前回「効率化」の追求が日本の技術力を低下させる危険性について述べました。しかし、いまだに「効率化こそが利益拡大における絶対的な正義」という企業文化を持つ企業が多くあります。
そこで今回はまず、効率化を過度に追求すると、どのような結果を招くかについて、改めて整理します。
過度な効率化の弊害
弊害1 業務の細分化と専門化
①業務細分化:効率化を目的に、業務はより小さな単位に細分化される
②専門化の進行:社員や部署は特定の業務に集中し、その専門知識を深める
弊害2 組織構造の断絶
①コミュニケーションの障壁:業務の細分化と専門化により、部署間のコミュニケーションが困難になる
②縦割り組織の形成:各部署は自分たちの業務範囲内でのみ活動し、他部署との協力が減少する
弊害3 柔軟性と適応性の低下
①サイロ化:組織内での情報の流れが隔離され、各部署が独立した「サイロ」となる
②変化への対応力の低下:組織全体の柔軟性と外部環境への適応能力が低下する
弊害4 長期的な競争力の低下
①革新と創造性の欠如:細分化された業務と厳格な役割分担により、革新や創造的な問題解決が阻害される
②市場や環境の変化への鈍い反応:環境の変化に対応するための意思決定やアクションが遅れ、競争力が低下する
もし、皆さんの会社がこのような状況であるなら、DX などの全社変革を成功させることは極めて困難になります。
「両利きの経営」がカギ
では、どうすればよいのか。前回の記事でも触れましたが、チャールズ・A・オライリー教授が主張する「両利きの経営」が1 つのカギとなります。「両利きの経営」は、既存ビジネスの継続的な改良と深化(「知識の深化」)と、新規事業への果敢な挑戦と試み(「知識の探索」)の2 つを両輪として併行させることを意味します(図)。特に、日本企業においては、既存事業の深化(改善)には長けているものの、新たな分野への探索が不得意な傾向にあります。

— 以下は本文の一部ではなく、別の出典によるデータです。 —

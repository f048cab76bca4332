-- ===== src/Handlers/Lfs.antt =====
-- The server of main.go with the bolt store and the file store: an object is announced, uploaded
-- and downloaded.
use lfs_server_go.Prelude.{arith, ℕ, ◌≡◌, refl, ap, ◌∙◌, true, none, some, length}
use lfs_server_go.Text.{Bytes}
use lfs_server_go.Text.Laws.{eq_refl}
use lfs_server_go.Errors.{ok}
use lfs_server_go.Types.{pos, RequestVars, eq_int_iff}
use lfs_server_go.Bolt.{IsBolt, IsGob}
use lfs_server_go.MetaStore.{
  Env, authenticate, new_object, get, put, add_user, delete_user, add_project, all_users,
  all_objects, all_projects,
}
use lfs_server_go.MetaStore.Invariant.{IsSound}
use lfs_server_go.MetaStore.Objects.{view}
use lfs_server_go.MetaStore.Creation.{Fits, put_succeeds}
use lfs_server_go.MetaStore.Sessions.{get-put}
use lfs_server_go.ContentStore.{exists, Storage, Files, Reader, sha_str}
use lfs_server_go.ContentStore as ContentStore
use lfs_server_go.ContentStore.Uploads.{IsWorking, IsReadable, put-verdict, get-put_file}
use lfs_server_go.Server.{
  GenericMetaStore, GenericContentStore, App, Json, Request, fresh, code_of, reply_code, unpack,
  write,
}
use lfs_server_go.Handlers.{get_content_handler, post_handler, put_handler}
use lfs_server_go.Handlers.Guard.{
  IsGuarded, unpack-authorization, post_handler-created, put_handler-ok, get_content_handler-ok,
}

module _ {DB Conn : Type 0} (env : Env DB Conn) where
  -- `FindMetaStore` with the back end bolt.
  abbrev pub bolt_store : GenericMetaStore DB
  bolt_store = record {
    put = λ rv db. let (result, db') = put env rv db in (some result, db');
    get = get env;
    delete_user = delete_user env;
    add_user = add_user env;
    add_project = add_project env;
    users = all_users env;
    objects = λ db. some (all_objects env db);
    projects = λ db. some (all_projects env db);
  }

  -- The bolt store keeps to what the handlers need.
  pub bolt_store-IsGuarded : IsGuarded bolt_store (authenticate env)
  unfolding get put
  bolt_store-IsGuarded = record {
    get_refused = λ rv db h. ground arith;
    put_refused = λ rv db h. ground arith;
  }

module _ {DB Conn : Type 0} (env : Env DB Conn) (st : Storage) (json : Json)
    (status_text : ℕ → Bytes) where
  -- `findContentStore` with the back end filestore.
  abbrev pub file_store : GenericContentStore Files
  file_store = record {
    get = ContentStore.get st;
    put = ContentStore.put st;
    exists = ContentStore.exists st;
  }

  abbrev pub lfs_app : App DB Files
  lfs_app = record {
    content_store = file_store;
    meta_store = bolt_store env;
    cfg = env.cfg;
    json = json;
    status_text = status_text;
  }

  -- Three requests of one client about the object that the first announces.
  pub record IsSession (post upload download : Request) (rv : RequestVars) : Type 0 where
    pub announced : unpack json post ≡ rv
    pub uploaded_oid : (unpack json upload).oid ≡ rv.oid
    pub uploaded_by : upload.authorization ≡ rv.authorization
    pub downloaded_oid : (unpack json download).oid ≡ rv.oid
    pub downloaded_by : download.authorization ≡ rv.authorization
    -- the upload is what was announced
    pub whole : upload.body.failure ≡ none
    pub size : pos (length upload.body.content) ≡ rv.size
    pub hash : sha_str st upload.body.content ≡ rv.oid

  get_of_same :
      (rv rv' : RequestVars) (db : DB)
      → rv.oid ≡ rv'.oid
      → rv.authorization ≡ rv'.authorization
      → get env rv db ≡ get env rv' db
  unfolding get
  get_of_same rv rv' db ho ha = rw (ho, ha) refl

  post_handler-state :
      (r : Request) (db : DB) (fs : Files)
      → (post_handler lfs_app r fresh db fs).1 ≡ (put env (unpack json r) db).1
  unfolding post_handler
  post_handler-state r db fs = refl

  module _ (lawful : IsBolt env.bolt) (codec : IsGob env.gob) where
    -- The metadata after the first request is what any later request of the client for the oid finds.
    found_after :
        (rv rv' : RequestVars) (db : DB)
        → IsSound env db
        → (put env rv db).0 ≡ ok (new_object rv)
        → rv'.oid ≡ rv.oid
        → rv'.authorization ≡ rv.authorization
        → get env rv' (put env rv db).1 ≡ ok (new_object rv)
    found_after rv rv' db s made ho ha =
        get_of_same rv' rv (put env rv db).1 ho ha
        ∙ get-put env lawful codec rv db (new_object rv) s made

    -- An upload of what was announced, of which the disk refuses nothing, is taken.
    put_taken :
        (rv : RequestVars) (r : Reader) (fs : Files)
        → IsWorking st (new_object rv) r.content fs
        → r.failure ≡ none
        → pos (length r.content) ≡ rv.size
        → sha_str st r.content ≡ rv.oid
        → (ContentStore.put st (new_object rv) r fs).0 ≡ none
    put_taken rv r fs w whole size hash =
        put-verdict st (new_object rv) r fs w whole
        ∙ rw ((eq_int_iff (pos (length r.content)) rv.size).1 size)
            (rw hash (rw (eq_refl rv.oid) refl))

    module _ (disk : (db : DB) → env.bolt.commit db ≡ none) where
      -- A client announces an object that the server does not have (POST), uploads it (PUT) and
      -- downloads it (GET). In a sound database, with an authorization that is taken, sizes that
      -- bolt takes and disks that refuse nothing (the file can be read afterwards, and is no
      -- directory): the first answer has status 202, the second 200, and the third is 200 with the
      -- bytes that were uploaded.
      pub post_upload_download :
          (post upload download : Request) (rv : RequestVars) (db : DB) (fs : Files)
          → IsSession post upload download rv
          → IsSound env db
          → authenticate env rv.authorization db ≡ true
          → view env rv.oid db ≡ none
          → Fits env lawful rv
          → IsWorking st (new_object rv) upload.body.content fs
          → IsReadable st rv.oid upload.body.content
              (ContentStore.put st (new_object rv) upload.body fs).1
          → let posted = post_handler lfs_app post fresh db fs in
            let stored = put_handler lfs_app upload fresh posted.1 fs in
            let got = get_content_handler lfs_app download fresh posted.1 stored.1 in
            (reply_code posted.0 ≡ some 202)
            × (code_of stored.0 ≡ 200)
            × (code_of got ≡ 200)
            × (got.body ≡ upload.body.content)
      unfolding write
      post_upload_download post upload download rv db fs x s admitted new fits w readable =
          let made = put_succeeds env lawful codec disk rv db s admitted new fits in
          let db1 = (put env rv db).1 in
          let posted_db : (post_handler lfs_app post fresh db fs).1 ≡ db1 =
            post_handler-state post db fs ∙ ap (λ v. (put env v db).1) x.announced in
          let found_up =
            found_after rv (unpack json upload) db s made x.uploaded_oid
              (unpack-authorization lfs_app upload ∙ x.uploaded_by) in
          let found_down =
            found_after rv (unpack json download) db s made x.downloaded_oid
              (unpack-authorization lfs_app download ∙ x.downloaded_by) in
          let announced : (put env (unpack json post) db).0 ≡ ok (new_object rv) =
            rw x.announced made in
          let taken = put_taken rv upload.body fs w x.whole x.size x.hash in
          let stored = put_handler-ok lfs_app upload db1 fs (new_object rv) found_up taken in
          let read_back = get-put_file st (new_object rv) upload.body fs taken readable in
          let got =
            get_content_handler-ok lfs_app download db1 _ (new_object rv) _ found_down read_back in
          rw posted_db (
            rw stored (
              post_handler-created lfs_app post db fs (new_object rv) (ap some announced) refl,
              refl,
              ap code_of got,
              ap (λ u. u.body) got,
            ))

多くの企業では、目標設定や方針決定が上層部によって行われ、従業員はこれらの指示に基づいて実行方法にフォーカスする傾向にあります。このような環境では、指示に従い、既存の状況を改善するスキルを持つ従業員は育ちますが、自分で取り組むべき課題を見つけ、目指すべき方向性や目的を定める能力の育成は後回しにされがちです。この結果、創造的かつ革新的な思考をする社員の成長が妨げられます。結果、「当社には主体的に考えて動く人材がいない」と経営者が嘆くことになるのです。
「両利きの経営」のアプローチを導入すれば、組織は既存の「知識の深化」に固執するだけでなく、新しい知識や技術の探求、未来への対応力の向上にも力を注ぐことができるようになります。「知の探索」に携わる従業員は、自主的に考え、革新的な提案を行い、試行錯誤する機会が増え、クリエイティブな能力を育む土壌が整います。しかし、「知の深化」と「知の探索」の取組みは、以下で述べるようにまったく異なったマネジメントアプローチが必要となることに留意しなければなりません。
1.目標とプロセス
知の深化:効率性、生産性、品質の向上などが目標であり、比較的予測可能な環境で成果を出すことが求められます。ここでは、短期間での成果やコスト削減が重要な評価指標になります。
知の探索:新しい市場や技術の可能性を探り、新しい事業を確立することが目標で、不確実性が高く失敗のリスクも伴います。長期的な視点でのイノベーションや仮説検証、市場創出が評価指標として適切です。
2.リスクと失敗の受容度
知の深化:リスクを避け、既存のプロセスや製品を改善することに集中します。失敗はコスト増加や効率低下と直結するため、リスク回避が重視されます。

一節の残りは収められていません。